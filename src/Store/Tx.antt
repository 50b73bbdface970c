-- ===== src/Store/Tx.antt =====
-- Transactions: actions on the database that return a result or throw. A throw rolls back, so an
-- action that throws has no database to return. The actions on one table are those of the database
-- client: `findFirst`, `findMany`, `updateMany`, `update`, `deleteMany` and `create`.
pub mod Keeps
pub mod Returns
pub mod Makes
pub mod Turns
use grok_bot_v.Prelude.{
  ℕ, Bool, Option, none, some, List, ◌∷◌, if◌then◌else◌, any, keep, delete_where, count_where,
  find_where, update_where,
}
use grok_bot_v.Store.Schema.{Db}
use grok_bot_v.Store.Tables.{Table}

pub data DbError : Type 0 where
  record_not_found unique_violation run_history_write attempt_unavailable task_unavailable : DbError
  computer_busy bot_without_computer illegal_transition : DbError

pub data Result (A : Type 0) : Type 0 where
  ok : A → Result A
  err : DbError → Result A

abbrev pub Tx : Type 0 → Type 0
Tx A = Db → Result (A × Db)

unfoldable pub continue_with : {A B : Type 0} → Result (A × Db) → (A → Tx B) → Result (B × Db)
continue_with (ok (a, db)) f = f a db
continue_with (err e) f = err e

infixl 5 ◌>>=◌ ◌>>◌
unfoldable pub ◌>>=◌ : {A B : Type 0} → Tx A → (A → Tx B) → Tx B
unfolding continue_with
◌>>=◌ m f db = continue_with (m db) f

unfoldable pub ◌>>◌ : {A B : Type 0} → Tx A → Tx B → Tx B
unfolding ◌>>=◌
m >> k = m >>= λ _. k

unfoldable pub pure : {A : Type 0} → A → Tx A
pure a db = ok (a, db)

unfoldable pub throw : {A : Type 0} → DbError → Tx A
throw e db = err e

-- `if (!x) return null;` of a transaction's body
abbrev pub or_null : {A B : Type 0} → Option A → (A → Tx (Option B)) → Tx (Option B)
or_null none k = pure none
or_null (some a) k = k a

-- `if (!test) return null;`
abbrev pub null_unless : {B : Type 0} → Bool → Tx (Option B) → Tx (Option B)
null_unless b k = if b then k else pure none

module _ {A : Type 0} (t : Table A) where
  unfoldable pub find_first : (A → Bool) → Tx (Option A)
  find_first p db = ok (find_where p (t.rows db), db)

  unfoldable pub find_many : (A → Bool) → Tx (List A)
  find_many p db = ok (keep p (t.rows db), db)

  -- The number of rows that the update met.
  unfoldable pub update_many : (A → Bool) → (A → A) → Tx ℕ
  update_many p f db = ok (count_where p (t.rows db), t.put (update_where p f (t.rows db)) db)

  unfoldable pub delete_many : (A → Bool) → Tx (Unit {0})
  delete_many p db = ok (tt, t.put (delete_where p (t.rows db)) db)

  -- The update of the row that a unique filter names, which must exist; the result is the new row.
  unfoldable pub update_one : (A → Bool) → (A → A) → Tx A
  update_one p f db = elim (find_where p (t.rows db)) [
    | none ↦ err record_not_found
    | some row ↦ ok (f row, t.put (update_where p f (t.rows db)) db)
  ]

  -- A new row, unless a row is there that a unique index does not let it stand beside.
  unfoldable pub create : (A → Bool) → A → Tx A
  create clash row db =
      if any clash (t.rows db) then err unique_violation else ok (row, t.put (row ∷ t.rows db) db)

-- `$transaction`: the database is the new one if the action returns, and the old one if it throws.
unfoldable pub transaction : {A : Type 0} → Tx A → Db → Result A × Db
transaction m db = elim (m db) [ ok (a, db') ↦ (ok a, db') | err e ↦ (err e, db) ]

▶ **TASK TO CARRY OUT**
Every line of the data is to be retyped without alteration.

▶ **EXERCISE RESPONSE**
filename src/Store/Tx.antt
repository 50b73bbdface970c
-- ===== src/Store/Tx.antt =====
-- Transactions: actions on the database that return a result or throw. A throw rolls back, so an
-- action that throws has no database to return. The actions on one table are those of the database
-- client: `findFirst`, `findMany`, `updateMany`, `update`, `deleteMany` and `create`.
pub mod Keeps
pub mod Returns
pub mod Makes
pub mod Turns
use grok_bot_v.Prelude.{
  ℕ, Bool, Option, none, some, List, ◌∷◌, if◌then◌else◌, any, keep, delete_where, count_where,
  find_where, update_where,
}
use grok_bot_v.Store.Schema.{Db}
use grok_bot_v.Store.Tables.{Table}

pub data DbError : Type 0 where
  record_not_found unique_violation run_history_write attempt_unavailable task_unavailable : DbError
  computer_busy bot_without_computer illegal_transition : DbError

pub data Result (A : Type 0) : Type 0 where
  ok : A → Result A
  err : DbError → Result A

abbrev pub Tx : Type 0 → Type 0
Tx A = Db → Result (A × Db)

unfoldable pub continue_with : {A B : Type 0} → Result (A × Db) → (A → Tx B) → Result (B × Db)
continue_with (ok (a, db)) f = f a db
continue_with (err e) f = err e

infixl 5 ◌>>=◌ ◌>>◌
unfoldable pub ◌>>=◌ : {A B : Type 0} → Tx A → (A → Tx B) → Tx B
unfolding continue_with
◌>>=◌ m f db = continue_with (m db) f

unfoldable pub ◌>>◌ : {A B : Type 0} → Tx A → Tx B → Tx B
unfolding ◌>>=◌
m >> k = m >>= λ _. k

unfoldable pub pure : {A : Type 0} → A → Tx A
pure a db = ok (a, db)

unfoldable pub throw : {A : Type 0} → DbError → Tx A
throw e db = err e

-- `if (!x) return null;` of a transaction's body
abbrev pub or_null : {A B : Type 0} → Option A → (A → Tx (Option B)) → Tx (Option B)
or_null none k = pure none
or_null (some a) k = k a

-- `if (!test) return null;`
abbrev pub null_unless : {B : Type 0} → Bool → Tx (Option B) → Tx (Option B)
null_unless b k = if b then k else pure none

module _ {A : Type 0} (t : Table A) where
  unfoldable pub find_first : (A → Bool) → Tx (Option A)
  find_first p db = ok (find_where p (t.rows db), db)

  unfoldable pub find_many : (A → Bool) → Tx (List A)
  find_many p db = ok (keep p (t.rows db), db)

  -- The number of rows that the update met.
  unfoldable pub update_many : (A → Bool) → (A → A) → Tx ℕ
  update_many p f db = ok (count_where p (t.rows db), t.put (update_where p f (t.rows db)) db)

  unfoldable pub delete_many : (A → Bool) → Tx (Unit {0})
  delete_many p db = ok (tt, t.put (delete_where p (t.rows db)) db)

  -- The update of the row that a unique filter names, which must exist; the result is the new row.
  unfoldable pub update_one : (A → Bool) → (A → A) → Tx A
  update_one p f db = elim (find_where p (t.rows db)) [
    | none ↦ err record_not_found
    | some row ↦ ok (f row, t.put (update_where p f (t.rows db)) db)
  ]

  -- A new row, unless a row is there that a unique index does not let it stand beside.
  unfoldable pub create : (A → Bool) → A → Tx A
  create clash row db =
      if any clash (t.rows db) then err unique_violation else ok (row, t.put (row ∷ t.rows db) db)

-- `$transaction`: the database is the new one if the action returns, and the old one if it throws.
unfoldable pub transaction : {A : Type 0} → Tx A → Db → Result A × Db
transaction m db = elim (m db) [ ok (a, db') ↦ (ok a, db') | err e ↦ (err e, db) ]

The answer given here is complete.